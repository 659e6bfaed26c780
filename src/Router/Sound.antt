-- ===== src/Router/Sound.antt =====
-- Whom `matches` of oximqtt/src/router.rs delivers to: only to subscribers of filters that match.
use oximqtt.Base.{
  Option, ◌↔◌, ◌⊎◌, ℕ, suc, ◌<◌, ◌≡◌, ◌≢◌, refl, Bool, true, false, none, some, List, [], ◌∷◌, ok,
  arith, length, Option-cases, Result-cases, inl, inr, zero,
}
use mathlib.Core.List.{Memᴰ}
use mathlib.Core.List.Memᴰ
use oximqtt.Base.OrdSet
use oximqtt.Base.Bytes.{Bytes}
use oximqtt.Base.Maps.{lookup, bytes_key, number_key, entry_iff}
use oximqtt.Topic.{Topic, from_str, to_string}
use oximqtt.Trie.Iter.{Item}
use oximqtt.Trie.Matching.{Reaches}
use oximqtt.Trie.Complete.{matches_iff}
use oximqtt.Trie.Paths.{values_at}
use oximqtt.Subscription.{
  no_local, id_eq, IdData, SubscriptionOptions, SubRelation, CollectorMap, collect, collector,
  relations_of,
}
use oximqtt.Subscription.Calls.{IsSound, collect-IsSound}
use oximqtt.Router.{DefaultRouter, or_empty, unit_ord}
use oximqtt.Router.Publish.{
  Context, Candidate, Groups, skips, taken, deliver_chosen, group_call, select_groups,
  visit_filters, visit_relations, SubRelationsMap, relations_map, matching, matches,
}
use oximqtt.Router.Keys.{IsValid, holds, inner-or_empty}
use oximqtt.Router.Updates.{relation}
use oximqtt.Router.Matches.{AreDue, visit_filters-keeps}

-- What a node delivers.
abbrev pub delivered : ℕ → SubRelationsMap → List SubRelation
delivered n m = elim (lookup n m) [ none ↦ [] | some rs ↦ rs ]

pub delivered-relations_map :
    (n : ℕ) (cm : CollectorMap) → delivered n (relations_map cm) ≡ relations_of (collector n cm)
unfolding relations_map lookup relations_of
delivered-relations_map n [] = refl
delivered-relations_map n ((k, c) ∷ cm) = ground (arith, delivered-relations_map n cm)

-- The client did not publish the message itself, or did not ask for no local messages.
abbrev pub IsWanted : IdData → IdData → SubscriptionOptions → Type 0
IsWanted this_id id opts = (no_local opts ≢ some true) ⊎ (id_eq this_id id ≡ false)

IsWanted-of :
    (this_id id : IdData) (opts : SubscriptionOptions) (o : Option Bool)
    → no_local opts ≡ o
    → (skips this_id id opts ≡ false) ↔ IsWanted this_id id opts
IsWanted-of this_id id opts none e = (λ h. inl (λ q. cc (q, e)), λ w. rw (skips, e) refl)
IsWanted-of this_id id opts (some false) e = (λ h. inl (λ q. cc (q, e)), λ w. rw (skips, e) refl)
IsWanted-of this_id id opts (some true) e =
    (λ h. inr (rw (skips, e) at h), λ w. elim w [ inl n ↦ absurd (n e) | inr d ↦ rw (skips, e) d ])

pub skips_iff :
    (this_id id : IdData) (opts : SubscriptionOptions)
    → (skips this_id id opts ≡ false) ↔ IsWanted this_id id opts
skips_iff this_id id opts = IsWanted-of this_id id opts (no_local opts) refl

-- A subscription that a publication is due to.
abbrev pub IsDue : IdData → Topic → DefaultRouter → ℕ → Bytes → Bytes → SubscriptionOptions → Type 0
IsDue this_id t r n f c opts =
    (id : IdData) × (u : Topic) × (relation f c r ≡ some (id, opts))
    × (id.node_id ≡ n)
    × IsWanted this_id id opts
    × (from_str f ≡ ok u)
    × Reaches true u t

holds_of_values : (xs : List (Unit {0})) → xs ≢ [] → OrdSet.contains tt xs ≡ true
unfolding OrdSet.contains
holds_of_values [] h = absurd (h refl)
holds_of_values (x ∷ xs) h = refl

-- What ran where `matches` gives a result.
pub matches_inv :
    {S : Type 0} (ctx : Context S) (this_id : IdData) (name : Bytes) (t : Topic) (r : DefaultRouter)
    (m : SubRelationsMap) (s s' : S)
    → from_str name ≡ ok t
    → matches ctx this_id name r s ≡ ok (m, s')
    → (cm : CollectorMap) × (m ≡ relations_map cm)
      × (visit_filters ctx this_id name r.relations (matching r t) [] s ≡ ok (cm, s'))
unfolding matches
matches_inv ctx this_id name t r m s s' p h =
    elim (Result-cases (visit_filters ctx this_id name r.relations (matching r t) [] s)) [
      | inl ((cm, s₁), q) ↦ (cm, ground (arith, p, q), ground (arith, p, q))
      | inr (e, q) ↦ absurd (ground (arith, p, q))
    ]

-- The filters that the walk yields have the relations that are due.
matching-AreDue :
    (this_id : IdData) (t : Topic) (r : DefaultRouter)
    → IsValid r
    → (it : Item (Unit {0})) → Memᴰ it (matching r t)
    → AreDue
        (IsDue this_id t r)
        this_id
        (to_string it.0)
        (or_empty (lookup (to_string it.0) r.relations))
unfolding matching
matching-AreDue this_id t r v (u, vs) m c id opts e b =
    let (p, q, w) = (matches_iff r.topics t u vs).0 m in
    let h : holds u r.topics ≡ true = holds_of_values (values_at u r.topics) (rw p at q) in
    let rels = or_empty (lookup (to_string u) r.relations) in
    let l = (entry_iff c (id, opts) rels (inner-or_empty r (to_string u) v)).0 e in
    (id, u, l, refl, (skips_iff this_id id opts).0 b, v.printed u h, w)

-- Every relation that a node delivers is a subscription of a client of that node, with the options
-- it was made with, to a filter that matches the topic, and not one that `no_local` keeps from what
-- the client itself published.
pub matches-IsDue :
    {S : Type 0} (ctx : Context S) (this_id : IdData) (name : Bytes) (t : Topic) (r : DefaultRouter)
    (m : SubRelationsMap) (s s' : S) (n : ℕ) (x : SubRelation)
    → IsValid r
    → from_str name ≡ ok t
    → matches ctx this_id name r s ≡ ok (m, s')
    → Memᴰ x (delivered n m)
    → IsDue this_id t r n x.topic_filter x.client_id x.opts
unfolding lookup relations_of
matches-IsDue ctx this_id name t r m s s' n x v p h z =
    let (cm, q, w) = matches_inv ctx this_id name t r m s s' p h in
    let P = IsDue this_id t r in
    let sound : IsSound P cm =
      visit_filters-keeps P (IsSound P) (collect-IsSound P) ctx this_id name r.relations
        (matching r t) [] cm s s' (matching-AreDue this_id t r v) (λ k y u. absurd (Memᴰ.not-nil u))
        w in
    sound n x (rw (q, delivered-relations_map n cm) at z)

module _ {S : Type 0} (ctx : Context S) (this_id : IdData) (name : Bytes)
    (in_range : (group : Bytes) (cs : List Candidate) (s : S) (i : ℕ) (b : Bool)
      → (ctx.choice group this_id name cs s).0 ≡ some (i, b)
      → i < length cs) where
  taken-in_range :
      {A : Type 0} (xs : List A) (i : ℕ) → i < length xs → (x : A) × (taken xs i ≡ some x)
  taken-in_range [] i h = absurd (omega arith)
  taken-in_range (x ∷ xs) zero h = (x, refl)
  taken-in_range (x ∷ xs) (suc i) h = taken-in_range xs i (omega arith)

  deliver_chosen-total :
      (filter group : Bytes) (cs : List Candidate) (cm : CollectorMap) (s : S)
      → (cm' : CollectorMap) × (deliver_chosen filter group cs
            (ctx.choice group this_id name cs s).0
            cm
          ≡ ok cm')
  deliver_chosen-total filter group cs cm s =
      elim (Option-cases (ctx.choice group this_id name cs s).0) [
        | inl e ↦ (cm, rw e refl)
        | inr ((i, b), e) ↦
            let (c, q) = taken-in_range cs i (in_range group cs s i b e) in
            (collect (group_call filter group b cs c) cm, rw (e, deliver_chosen, q) refl)
      ]

  select_groups-total :
      (filter : Bytes) (gs : Groups) (cm : CollectorMap) (s : S)
      → (cm' : CollectorMap) × (s' : S) × (select_groups ctx this_id name filter gs cm s
          ≡ ok (cm', s'))
  unfolding select_groups
  select_groups-total filter [] cm s = (cm, s, refl)
  select_groups-total filter ((group, cs) ∷ gs) cm s =
      let (cm₁, q) = deliver_chosen-total filter group cs cm s in
      rw (select_groups, q)
        (select_groups-total filter gs cm₁ (ctx.choice group this_id name cs s).1)

  visit_filters-total :
      (r : DefaultRouter) (its : List (Item (Unit {0}))) (cm : CollectorMap) (s : S)
      → (cm' : CollectorMap) × (s' : S) × (visit_filters ctx this_id name r.relations its cm s
          ≡ ok (cm', s'))
  unfolding visit_filters
  visit_filters-total r [] cm s = (cm, s, refl)
  visit_filters-total r ((levels, vs) ∷ its) cm s =
      let filter = to_string levels in
      let visited =
        visit_relations ctx this_id filter (or_empty (lookup filter r.relations)) [] cm in
      let (cm₁, s₁, q) = select_groups-total filter visited.0 visited.1 s in
      rw (visit_filters, q) (visit_filters-total r its cm₁ s₁)

  -- If the choice among the members of a group is in range, `matches` gives a result for every topic
  -- that parses.
  pub matches-total :
      (t : Topic) (r : DefaultRouter) (s : S)
      → from_str name ≡ ok t
      → (m : SubRelationsMap) × (s' : S) × (matches ctx this_id name r s ≡ ok (m, s'))
  unfolding matches
  matches-total t r s p =
      let (cm, s', q) = visit_filters-total r (matching r t) [] s in
      (relations_map cm, s', rw (matches, p, q) refl)
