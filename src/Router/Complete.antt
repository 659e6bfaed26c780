-- ===== src/Router/Complete.antt =====
-- Whom `matches` of oximqtt/src/router.rs delivers to: every direct subscriber of a matching filter.
use oximqtt.Base.{◌≡◌, ◌≢◌, refl, sym, ◌∙◌, true, false, none, some, List, [], ◌∷◌, ok, arith}
use mathlib.Core.List.{Memᴰ}
use mathlib.Core.List.Memᴰ
use oximqtt.Base.OrdSet
use oximqtt.Base.Bytes.{Bytes}
use oximqtt.Base.Maps.{lookup, bytes_key, number_key, entry_iff, has_key}
use oximqtt.Topic.{Topic, from_str, to_string}
use oximqtt.Topic.Print.{to_string-from_str}
use oximqtt.Trie.Matching.{Reaches}
use oximqtt.Trie.Complete.{matches_iff}
use oximqtt.Trie.Paths.{values_at}
use oximqtt.Subscription.{
  IdData, SubscriptionOptions, CollectorMap, Call, collect, collector, relations_of, relation_v3,
  shared_group, is_v3,
}
use oximqtt.Subscription.Keyed.{
  AreKeyed, collect-AreKeyed, no_relations-IsKeyed, times, times-relations_of, older-collect,
  has_key-collect, collect-older, collect-has_key,
}
use oximqtt.Router.{DefaultRouter, or_empty, unit_ord}
use oximqtt.Router.Publish.{
  Context, direct_call, visit_filters, SubRelationsMap, relations_map, matching, matches,
}
use oximqtt.Router.Keys.{IsValid, holds, inner-or_empty, has_key-lookup}
use oximqtt.Router.Updates.{relation}
use oximqtt.Router.Reached.{Anything, any_due, visit_filters-reaches}
use oximqtt.Router.Matches.{visit_filters-keeps}
use oximqtt.Router.Sound.{IsWanted, skips_iff, delivered, delivered-relations_map, matches_inv}

values_of_holds : (xs : List (Unit {0})) → OrdSet.contains tt xs ≡ true → xs ≢ []
unfolding OrdSet.contains
values_of_holds [] h = absurd (ground arith)
values_of_holds (x ∷ xs) h = λ q. cc q

relation-has_key :
    (f c : Bytes) (r : DefaultRouter) (x : IdData × SubscriptionOptions)
    → relation f c r ≡ some x
    → has_key f r.relations ≡ true
unfolding lookup
relation-has_key f c r x h = ground (arith, has_key-lookup f r.relations)

module _ {S : Type 0} (ctx : Context S) (this_id : IdData) (name : Bytes) (t : Topic)
    (r : DefaultRouter) (m : SubRelationsMap) (s s' : S) (valid : IsValid r)
    (parses : from_str name ≡ ok t) (routes : matches ctx this_id name r s ≡ ok (m, s')) where
  module _ (f c : Bytes) (u : Topic) (id : IdData) (opts : SubscriptionOptions)
      (subscribed : relation f c r ≡ some (id, opts)) (wanted : IsWanted this_id id opts)
      (direct : shared_group opts ≡ none) (filter : from_str f ≡ ok u)
      (reaches : Reaches true u t) where
    -- What the call for the relation makes true, and every call keeps, holds of the collectors.
    matches-reaches :
        (K : CollectorMap → Type 0)
        → ((k : Call) (cm : CollectorMap) → K cm → K (collect k cm))
        → ((cm : CollectorMap) → K (collect (direct_call f c id opts) cm))
        → (cm : CollectorMap) × (m ≡ relations_map cm)
          × (visit_filters ctx this_id name r.relations (matching r t) [] s ≡ ok (cm, s'))
          × K cm
    unfolding matching
    matches-reaches K step start =
        let (cm, q, w) = matches_inv ctx this_id name t r m s s' parses routes in
        let h : holds u r.topics ≡ true =
          sym (valid.keys f u filter) ∙ relation-has_key f c r (id, opts) subscribed in
        let vs = values_at u r.topics in
        let z : Memᴰ (u, vs) (matching r t) =
          (matches_iff r.topics t u vs).1 (refl, values_of_holds vs h, reaches) in
        let rels = or_empty (lookup f r.relations) in
        let e = (entry_iff c (id, opts) rels (inner-or_empty r f valid)).1 subscribed in
        (
          cm,
          q,
          w,
          visit_filters-reaches ctx this_id f c id opts ((skips_iff this_id id opts).1 wanted)
              direct K step start name r.relations (matching r t) [] cm s s' (u, vs) z
              (to_string-from_str f u filter) e w,
        )

    -- A client of MQTT 3 gets the publication once for each of its subscriptions that match.
    pub matches-older :
        is_v3 opts ≡ true → Memᴰ (relation_v3 (direct_call f c id opts)) (delivered id.node_id m)
    unfolding relations_of
    matches-older old =
        let x = relation_v3 (direct_call f c id opts) in
        let (cm, q, w, k) =
          matches-reaches (λ cm. Memᴰ x (collector id.node_id cm).v3_rels)
            (λ k cm z. older-collect id.node_id x k cm z)
            (λ cm. collect-older (direct_call f c id opts) cm old) in
        rw (q, delivered-relations_map id.node_id cm) (Memᴰ.append_left _ k)

    -- A client of MQTT 5 gets the publication once, however many of its subscriptions match.
    pub matches-newer : is_v3 opts ≡ false → times c (delivered id.node_id m) ≡ 1
    unfolding lookup
    matches-newer new =
        let n = id.node_id in
        let (cm, q, w, k) =
          matches-reaches (λ cm. has_key c (collector n cm).v5_rels ≡ true)
            (λ k cm z. has_key-collect n c k cm z)
            (λ cm. collect-has_key (direct_call f c id opts) cm new) in
        let keyed =
          visit_filters-keeps Anything AreKeyed (λ k cm u. collect-AreKeyed k cm) ctx this_id name
            r.relations (matching r t) [] cm s s'
            (λ it z.
              any_due this_id (to_string it.0) (or_empty (lookup (to_string it.0) r.relations)))
            (λ n. no_relations-IsKeyed) w in
        rw (q, delivered-relations_map n cm)
          (times-relations_of c (collector n cm) (keyed n) ∙ rw k refl)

----

● Assignment:
Copy every line of the material above in which the string "gets" can be found.

● Result:
    -- A client of MQTT 3 gets the publication once for each of its subscriptions that match.
    -- A client of MQTT 5 gets the publication once, however many of its subscriptions match.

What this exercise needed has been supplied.